After a decade-long campaign led by local politicians, councillors and the business sector, the state government has vowed to build a new $22.6 million state-of-the-art TAFE campus in the heart of Armadale.
Earlier this week it was announced that the ageing facilities on Commerce Avenue would be replaced by a new consolidated campus on Church Avenue, which will significantly increase capacity and generate more than 120 jobs.
It is understood the upgrade will see courses with a focus on manufacturing, technology, automation, freight and logistics made available at the campus, which currently offers qualifications in business, com- munity services, childcare and education support.
The government confirmed there would also be a strong focus on Vocational Education and Training delivered to secondary students in a bid to address Armadale’s significant youth unemployment rate, which is currently sitting at about 15 per cent.

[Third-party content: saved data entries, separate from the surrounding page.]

-- ===== src/Constraints/Conflict.antt =====
-- crates/h2ai-constraints/src/conflict.rs: the pairs of constraints that may contradict each other.
pub mod Pairs
pub mod Collect
pub mod Docs
pub mod Inserts
pub mod Reversals
pub mod Gaps
pub mod References
pub mod Theorem
use h2ai_control_plane.Prelude.{
  ℕ, String, Bool, true, false, not, Option, none, some, List, [], ◌∷◌, ◌++◌, map, str_eq,
  str_eq_iff, eq_string, ◌&&◌, ◌≡◌, ◌↔◌, arith, is_empty, filter, any, Eq, if◌then◌else◌,
}
use mathlib.Core.Option
use h2ai_control_plane.HashMap
use h2ai_control_plane.HashMap.{HashMap}
use h2ai_control_plane.HashMap.Multi.{push}
use h2ai_control_plane.HashSet
use h2ai_control_plane.Floats.{Floats}
use h2ai_control_plane.Provisioner.{str_ltb}
use h2ai_control_plane.Constraints.Types
use h2ai_control_plane.Constraints.Types.{
  NumericOp, ConstraintPredicate, Children, ConstraintDoc, numeric_threshold, composite,
  semantic_ordering, nil, cons, CompositeOp,
}

-- An id, what it wants first and what it wants then.
abbrev pub Ordering : Type 0
Ordering = String × (String × String)

-- An id, an operator and a threshold.
abbrev pub Numeric : Type 0 → Type 0
Numeric F = String × (NumericOp × F)

abbrev pub Pair : Type 0
Pair = String × String

-- `ConstraintConflictGraph`, the set of its pairs.
abbrev pub ConstraintConflictGraph : Type 0
ConstraintConflictGraph = List Pair

abbrev pub pair_beq : Pair → Pair → Bool
pair_beq (a, b) (c, d) = str_eq a c && str_eq b d

-- `a <= b` on strings
abbrev pub canonical_pair : String → String → Pair
canonical_pair a b = if not (str_ltb b a) then (a, b) else (b, a)

pub pair_beq_iff : (p q : Pair) → (pair_beq p q ≡ true) ↔ (p ≡ q)
pair_beq_iff (a, b) (c, d) = ground (arith, str_eq_iff a c, str_eq_iff b d)

instance abbrev pub eq_pair : Eq Pair
eq_pair = record { beq = pair_beq; beq_iff = pair_beq_iff }

-- `orderings` and `numerics`, the accumulators of `collect_predicates`.
abbrev pub Collected : Type 0 → Type 0
Collected F = List Ordering × HashMap String (List (Numeric F))

module _ {F J : Type 0} where
  unfoldable mutual
    unfolding push

    pub collect_predicates : String → ConstraintPredicate F J → Collected F → Collected F
    collect_predicates id (semantic_ordering first then_text passes) (orderings, numerics) =
        (orderings ++ (id, (first, then_text)) ∷ [], numerics)
    collect_predicates id (numeric_threshold field_pattern op value) (orderings, numerics) =
        (orderings, push numerics field_pattern (id, (op, value)))
    collect_predicates id (composite CompositeOp.and children) s = collect_children id children s
    collect_predicates id p s = s

    pub collect_children : String → Children F J → Collected F → Collected F
    collect_children id nil s = s
    collect_children id (cons p ps) s = collect_children id ps (collect_predicates id p s)

  unfoldable pub collect_docs : List (ConstraintDoc F J) → Collected F → Collected F
  unfolding collect_predicates
  collect_docs [] s = s
  collect_docs (d ∷ ds) s = collect_docs ds (collect_predicates d.id d.predicate s)

-- The inner loop over the orderings, and the outer one.
unfoldable pub against :
    Ordering → List Ordering → ConstraintConflictGraph → ConstraintConflictGraph
unfolding HashSet.insert
against o [] pairs = pairs
against (id_a, (first_a, then_a)) ((id_b, (first_b, then_b)) ∷ orderings) pairs =
    against (id_a, (first_a, then_a)) orderings
      (if str_eq first_a then_b && str_eq then_a first_b
        then HashSet.insert pairs (canonical_pair id_a id_b)
        else pairs)

unfoldable pub ordering_pairs : List Ordering → ConstraintConflictGraph → ConstraintConflictGraph
unfolding against
ordering_pairs [] pairs = pairs
ordering_pairs (o ∷ orderings) pairs = ordering_pairs orderings (against o orderings pairs)

abbrev pub is_le : NumericOp → Bool
is_le NumericOp.le = true
is_le op = false

abbrev pub is_ge : NumericOp → Bool
is_ge NumericOp.ge = true
is_ge op = false

module _ {F : Type 0} (f : Floats F) where
  -- The loop over `ges`, the one over `les` and the one over the fields.
  unfoldable pub over_ges :
      String → F → List (Numeric F) → ConstraintConflictGraph → ConstraintConflictGraph
  unfolding HashSet.insert
  over_ges id_le v_le [] pairs = pairs
  over_ges id_le v_le ((id_ge, (op, v_ge)) ∷ ges) pairs =
      over_ges id_le v_le ges
        (if f.lt v_le v_ge then HashSet.insert pairs (canonical_pair id_le id_ge) else pairs)

  unfoldable pub over_les :
      List (Numeric F) → List (Numeric F) → ConstraintConflictGraph → ConstraintConflictGraph
  unfolding over_ges
  over_les [] ges pairs = pairs
  over_les ((id_le, (op, v_le)) ∷ les) ges pairs = over_les les ges (over_ges id_le v_le ges pairs)

  unfoldable pub numeric_pairs :
      List (List (Numeric F)) → ConstraintConflictGraph → ConstraintConflictGraph
  unfolding over_les
  numeric_pairs [] pairs = pairs
  numeric_pairs (entries ∷ rest) pairs =
      numeric_pairs rest
        (over_les (filter (λ e. is_le e.1.0) entries) (filter (λ e. is_ge e.1.0) entries) pairs)

-- The pairs of `related_to`.
unfoldable pub relate : String → List String → ConstraintConflictGraph → ConstraintConflictGraph
unfolding HashSet.insert
relate id [] pairs = pairs
relate id (related_id ∷ more) pairs =
    relate id more (HashSet.insert pairs (canonical_pair id related_id))

module _ {F J : Type 0} where
  unfoldable pub related_pairs :
      List (ConstraintDoc F J) → ConstraintConflictGraph → ConstraintConflictGraph
  unfolding relate
  related_pairs [] pairs = pairs
  related_pairs (d ∷ docs) pairs = related_pairs docs (relate d.id d.related_to pairs)

module _ {F J : Type 0} (f : Floats F) where
  unfoldable pub build : List (ConstraintDoc F J) → ConstraintConflictGraph
  unfolding collect_docs ordering_pairs numeric_pairs related_pairs
  build docs =
      let (orderings, numerics) = collect_docs docs ([], []) in
      related_pairs docs (numeric_pairs f (HashMap.values numerics) (ordering_pairs orderings []))

unfoldable pub are_conflicting : ConstraintConflictGraph → String → String → Bool
unfolding HashSet.contains
are_conflicting g id_a id_b = HashSet.contains g (canonical_pair id_a id_b)

unfoldable pub conflicts_for : ConstraintConflictGraph → String → List String
conflicts_for [] id = []
conflicts_for ((a, b) ∷ g) id =
    let rest = conflicts_for g id in
    if str_eq a id then b ∷ rest else if str_eq b id then a ∷ rest else rest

Armstrong Parkin Architects has already been appointed to design the new facility, with construction anticipated to begin as early as December 2021.

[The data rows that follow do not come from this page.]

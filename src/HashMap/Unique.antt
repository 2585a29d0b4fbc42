-- ===== src/HashMap/Unique.antt =====
-- Maps in which every key stands once, as all those are that the program makes by insertion.
use mathlib.Core.List.{Memᴰ}
use mathlib.Core.List.Memᴰ
use h2ai_control_plane.Prelude.{◌≡◌, refl, none, some, [], ◌∷◌, arith, Eq, Bool-cases, inl, inr}
use h2ai_control_plane.HashMap.{HashMap, get, insert, get-insert, values}

module _ {ℓ κ} {K : Type ℓ} {V : Type κ} ⦃e : Eq K⦄ where
  abbrev pub Unique : HashMap K V → Type κ
  Unique [] = Unit
  Unique ((k, v) ∷ m) = (get m k ≡ none) × Unique m

  pub insert-Unique : (m : HashMap K V) (k : K) (v : V) → Unique m → Unique (insert m k v)
  unfolding insert get
  insert-Unique [] k v u = (refl, tt)
  insert-Unique ((j, w) ∷ m) k v u =
      ground (arith, get-insert m k j v, insert-Unique m k v u.1, e.beq_iff j k, e.beq_iff k j)

  pub get-values : (m : HashMap K V) (k : K) (v : V) → get m k ≡ some v → Memᴰ v (values m)
  unfolding get
  get-values [] k v h = cc
  get-values ((j, w) ∷ m) k v h = elim (Bool-cases (e.beq j k)) [
    | inl same ↦ Memᴰ.head (ground (arith, h, same))
    | inr differ ↦ Memᴰ.tail (get-values m k v (ground (arith, h, differ)))
  ]

  pub values-get :
      (m : HashMap K V) (v : V) → Unique m → Memᴰ v (values m) → (k : K) × (get m k ≡ some v)
  unfolding get
  values-get [] v u h = absurd (Memᴰ.not-nil h)
  values-get ((j, w) ∷ m) v u (Memᴰ.head p) = (j, ground (arith, p, e.beq_iff j j))
  values-get ((j, w) ∷ m) v u (Memᴰ.tail h) =
      let (k, found) = values-get m v u.1 h in (k, ground (arith, found, u.0, e.beq_iff j k))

WA Premier Mark McGowan told Examiner Newspapers that the facility would lead to greater learning opportunities for local residents, while breathing new life into the city’s CBD.
WA Education Minister Sue Ellery echoed the Premier’s sentiments and said the new courses would help residents acquire the skills necessary to work in the city’s growing industries.
“The TAFE here has been really limited in what it’s been able to offer because of the size of the facility here,” she said.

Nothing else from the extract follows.